■ **TASK INPUTS**
------------------------------------------------------------------------
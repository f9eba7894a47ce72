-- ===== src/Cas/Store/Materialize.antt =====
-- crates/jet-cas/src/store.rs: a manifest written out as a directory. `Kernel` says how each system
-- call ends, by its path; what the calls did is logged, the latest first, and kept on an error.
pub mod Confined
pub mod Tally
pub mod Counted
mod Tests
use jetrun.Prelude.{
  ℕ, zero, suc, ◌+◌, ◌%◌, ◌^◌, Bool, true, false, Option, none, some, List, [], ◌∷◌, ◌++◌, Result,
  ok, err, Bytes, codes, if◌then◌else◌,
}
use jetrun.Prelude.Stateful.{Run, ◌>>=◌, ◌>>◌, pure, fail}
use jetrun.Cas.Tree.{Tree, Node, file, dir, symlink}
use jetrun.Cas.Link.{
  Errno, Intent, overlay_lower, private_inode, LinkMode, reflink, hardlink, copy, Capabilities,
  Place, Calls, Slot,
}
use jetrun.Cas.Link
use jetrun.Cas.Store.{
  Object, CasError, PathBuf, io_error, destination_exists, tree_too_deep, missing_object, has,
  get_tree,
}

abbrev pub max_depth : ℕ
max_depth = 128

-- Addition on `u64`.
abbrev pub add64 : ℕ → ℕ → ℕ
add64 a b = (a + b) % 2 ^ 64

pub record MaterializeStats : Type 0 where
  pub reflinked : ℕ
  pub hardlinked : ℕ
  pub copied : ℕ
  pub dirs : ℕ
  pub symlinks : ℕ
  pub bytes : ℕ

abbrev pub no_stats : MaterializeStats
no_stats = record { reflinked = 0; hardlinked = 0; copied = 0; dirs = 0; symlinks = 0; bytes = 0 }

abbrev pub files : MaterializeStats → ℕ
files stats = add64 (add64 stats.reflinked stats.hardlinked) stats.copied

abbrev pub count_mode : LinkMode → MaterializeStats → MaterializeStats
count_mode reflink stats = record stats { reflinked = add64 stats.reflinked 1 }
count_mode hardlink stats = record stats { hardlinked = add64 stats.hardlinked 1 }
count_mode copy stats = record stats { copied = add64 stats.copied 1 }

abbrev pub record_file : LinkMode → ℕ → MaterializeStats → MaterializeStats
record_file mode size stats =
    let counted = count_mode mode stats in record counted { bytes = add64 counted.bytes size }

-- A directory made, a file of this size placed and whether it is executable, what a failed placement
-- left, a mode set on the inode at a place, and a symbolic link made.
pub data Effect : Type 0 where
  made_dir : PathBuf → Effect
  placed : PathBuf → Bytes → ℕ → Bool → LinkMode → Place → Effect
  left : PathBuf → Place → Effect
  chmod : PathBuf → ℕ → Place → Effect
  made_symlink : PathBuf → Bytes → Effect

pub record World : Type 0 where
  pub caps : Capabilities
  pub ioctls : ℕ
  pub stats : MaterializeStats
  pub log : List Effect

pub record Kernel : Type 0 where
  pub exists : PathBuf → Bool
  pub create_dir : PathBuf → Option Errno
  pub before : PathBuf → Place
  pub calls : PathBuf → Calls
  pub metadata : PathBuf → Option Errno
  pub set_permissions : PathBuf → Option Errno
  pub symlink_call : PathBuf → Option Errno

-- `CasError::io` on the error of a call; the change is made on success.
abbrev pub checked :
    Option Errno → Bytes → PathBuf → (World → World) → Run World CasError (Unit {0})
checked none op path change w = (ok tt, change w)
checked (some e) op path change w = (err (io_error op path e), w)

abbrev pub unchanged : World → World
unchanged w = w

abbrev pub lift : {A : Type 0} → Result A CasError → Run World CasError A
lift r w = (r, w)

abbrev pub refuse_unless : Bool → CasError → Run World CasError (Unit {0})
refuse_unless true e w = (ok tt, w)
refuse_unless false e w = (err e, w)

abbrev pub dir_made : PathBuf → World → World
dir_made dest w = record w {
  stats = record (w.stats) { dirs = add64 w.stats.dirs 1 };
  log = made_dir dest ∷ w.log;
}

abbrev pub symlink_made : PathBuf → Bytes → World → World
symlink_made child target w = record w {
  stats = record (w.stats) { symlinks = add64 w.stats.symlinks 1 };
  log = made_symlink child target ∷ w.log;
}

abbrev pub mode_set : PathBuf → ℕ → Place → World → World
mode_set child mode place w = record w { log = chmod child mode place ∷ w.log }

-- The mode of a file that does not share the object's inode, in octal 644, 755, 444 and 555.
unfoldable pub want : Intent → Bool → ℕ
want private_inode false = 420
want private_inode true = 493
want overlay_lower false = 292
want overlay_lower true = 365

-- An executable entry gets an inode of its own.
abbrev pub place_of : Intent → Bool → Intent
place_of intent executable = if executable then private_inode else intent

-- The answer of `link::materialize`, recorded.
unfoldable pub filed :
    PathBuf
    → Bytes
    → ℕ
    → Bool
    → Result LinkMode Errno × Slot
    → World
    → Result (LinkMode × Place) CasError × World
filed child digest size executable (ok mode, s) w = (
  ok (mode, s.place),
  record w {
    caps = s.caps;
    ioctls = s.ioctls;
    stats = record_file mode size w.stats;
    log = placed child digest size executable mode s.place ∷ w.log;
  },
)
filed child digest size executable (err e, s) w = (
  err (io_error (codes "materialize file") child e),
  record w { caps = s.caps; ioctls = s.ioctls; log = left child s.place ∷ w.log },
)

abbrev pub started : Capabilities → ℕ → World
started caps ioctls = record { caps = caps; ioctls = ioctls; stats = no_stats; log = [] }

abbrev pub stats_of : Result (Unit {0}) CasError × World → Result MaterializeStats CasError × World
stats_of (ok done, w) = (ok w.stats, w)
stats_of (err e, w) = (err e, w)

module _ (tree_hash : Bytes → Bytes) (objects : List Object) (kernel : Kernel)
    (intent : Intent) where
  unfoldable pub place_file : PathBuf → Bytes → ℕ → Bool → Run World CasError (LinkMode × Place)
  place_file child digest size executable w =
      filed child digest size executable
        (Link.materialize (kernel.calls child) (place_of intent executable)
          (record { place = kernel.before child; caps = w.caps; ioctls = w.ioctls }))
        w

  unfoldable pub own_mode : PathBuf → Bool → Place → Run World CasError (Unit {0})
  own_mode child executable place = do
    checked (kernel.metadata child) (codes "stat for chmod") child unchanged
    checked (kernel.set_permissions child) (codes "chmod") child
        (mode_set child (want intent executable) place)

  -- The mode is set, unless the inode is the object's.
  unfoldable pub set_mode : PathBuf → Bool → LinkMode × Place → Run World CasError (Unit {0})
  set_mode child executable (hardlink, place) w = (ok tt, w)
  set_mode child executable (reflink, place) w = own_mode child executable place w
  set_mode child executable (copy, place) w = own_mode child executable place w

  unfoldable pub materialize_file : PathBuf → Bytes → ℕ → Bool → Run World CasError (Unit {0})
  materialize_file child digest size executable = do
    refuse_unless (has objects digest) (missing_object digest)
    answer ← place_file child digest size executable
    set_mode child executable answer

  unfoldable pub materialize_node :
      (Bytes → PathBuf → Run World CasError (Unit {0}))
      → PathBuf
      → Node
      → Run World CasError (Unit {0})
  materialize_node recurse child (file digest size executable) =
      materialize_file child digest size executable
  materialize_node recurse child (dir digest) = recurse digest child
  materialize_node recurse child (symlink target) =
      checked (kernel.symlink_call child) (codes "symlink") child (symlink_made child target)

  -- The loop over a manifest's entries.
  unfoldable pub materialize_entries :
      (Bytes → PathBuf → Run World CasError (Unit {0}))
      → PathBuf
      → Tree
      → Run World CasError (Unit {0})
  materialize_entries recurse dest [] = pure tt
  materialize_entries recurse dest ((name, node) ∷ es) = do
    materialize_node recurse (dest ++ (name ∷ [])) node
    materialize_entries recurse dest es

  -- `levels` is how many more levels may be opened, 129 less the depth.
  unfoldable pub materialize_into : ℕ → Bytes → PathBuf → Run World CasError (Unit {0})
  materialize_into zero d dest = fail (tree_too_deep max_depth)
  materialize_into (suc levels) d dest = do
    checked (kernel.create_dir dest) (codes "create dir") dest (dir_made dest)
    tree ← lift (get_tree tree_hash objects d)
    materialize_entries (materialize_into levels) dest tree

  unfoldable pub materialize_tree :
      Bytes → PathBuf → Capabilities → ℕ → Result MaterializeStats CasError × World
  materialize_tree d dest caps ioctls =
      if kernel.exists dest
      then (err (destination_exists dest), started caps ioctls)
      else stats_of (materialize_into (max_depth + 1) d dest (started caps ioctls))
------------------------------------------------------------------------
■ **PROBLEM TO SOLVE**
Reproduce exactly, and with no other material, the lines between those holding "-- ===== src/Cas/Store/Materialize.antt" and "count_mode copy stats", inclusive.

■ **WRITTEN REPLY**
-- ===== src/Cas/Store/Materialize.antt =====
-- crates/jet-cas/src/store.rs: a manifest written out as a directory. `Kernel` says how each system
-- call ends, by its path; what the calls did is logged, the latest first, and kept on an error.
pub mod Confined
pub mod Tally
pub mod Counted
mod Tests
use jetrun.Prelude.{
  ℕ, zero, suc, ◌+◌, ◌%◌, ◌^◌, Bool, true, false, Option, none, some, List, [], ◌∷◌, ◌++◌, Result,
  ok, err, Bytes, codes, if◌then◌else◌,
}
use jetrun.Prelude.Stateful.{Run, ◌>>=◌, ◌>>◌, pure, fail}
use jetrun.Cas.Tree.{Tree, Node, file, dir, symlink}
use jetrun.Cas.Link.{
  Errno, Intent, overlay_lower, private_inode, LinkMode, reflink, hardlink, copy, Capabilities,
  Place, Calls, Slot,
}
use jetrun.Cas.Link
use jetrun.Cas.Store.{
  Object, CasError, PathBuf, io_error, destination_exists, tree_too_deep, missing_object, has,
  get_tree,
}

abbrev pub max_depth : ℕ
max_depth = 128

-- Addition on `u64`.
abbrev pub add64 : ℕ → ℕ → ℕ
add64 a b = (a + b) % 2 ^ 64

pub record MaterializeStats : Type 0 where
  pub reflinked : ℕ
  pub hardlinked : ℕ
  pub copied : ℕ
  pub dirs : ℕ
  pub symlinks : ℕ
  pub bytes : ℕ

abbrev pub no_stats : MaterializeStats
no_stats = record { reflinked = 0; hardlinked = 0; copied = 0; dirs = 0; symlinks = 0; bytes = 0 }

abbrev pub files : MaterializeStats → ℕ
files stats = add64 (add64 stats.reflinked stats.hardlinked) stats.copied

abbrev pub count_mode : LinkMode → MaterializeStats → MaterializeStats
count_mode reflink stats = record stats { reflinked = add64 stats.reflinked 1 }
count_mode hardlink stats = record stats { hardlinked = add64 stats.hardlinked 1 }
count_mode copy stats = record stats { copied = add64 stats.copied 1 }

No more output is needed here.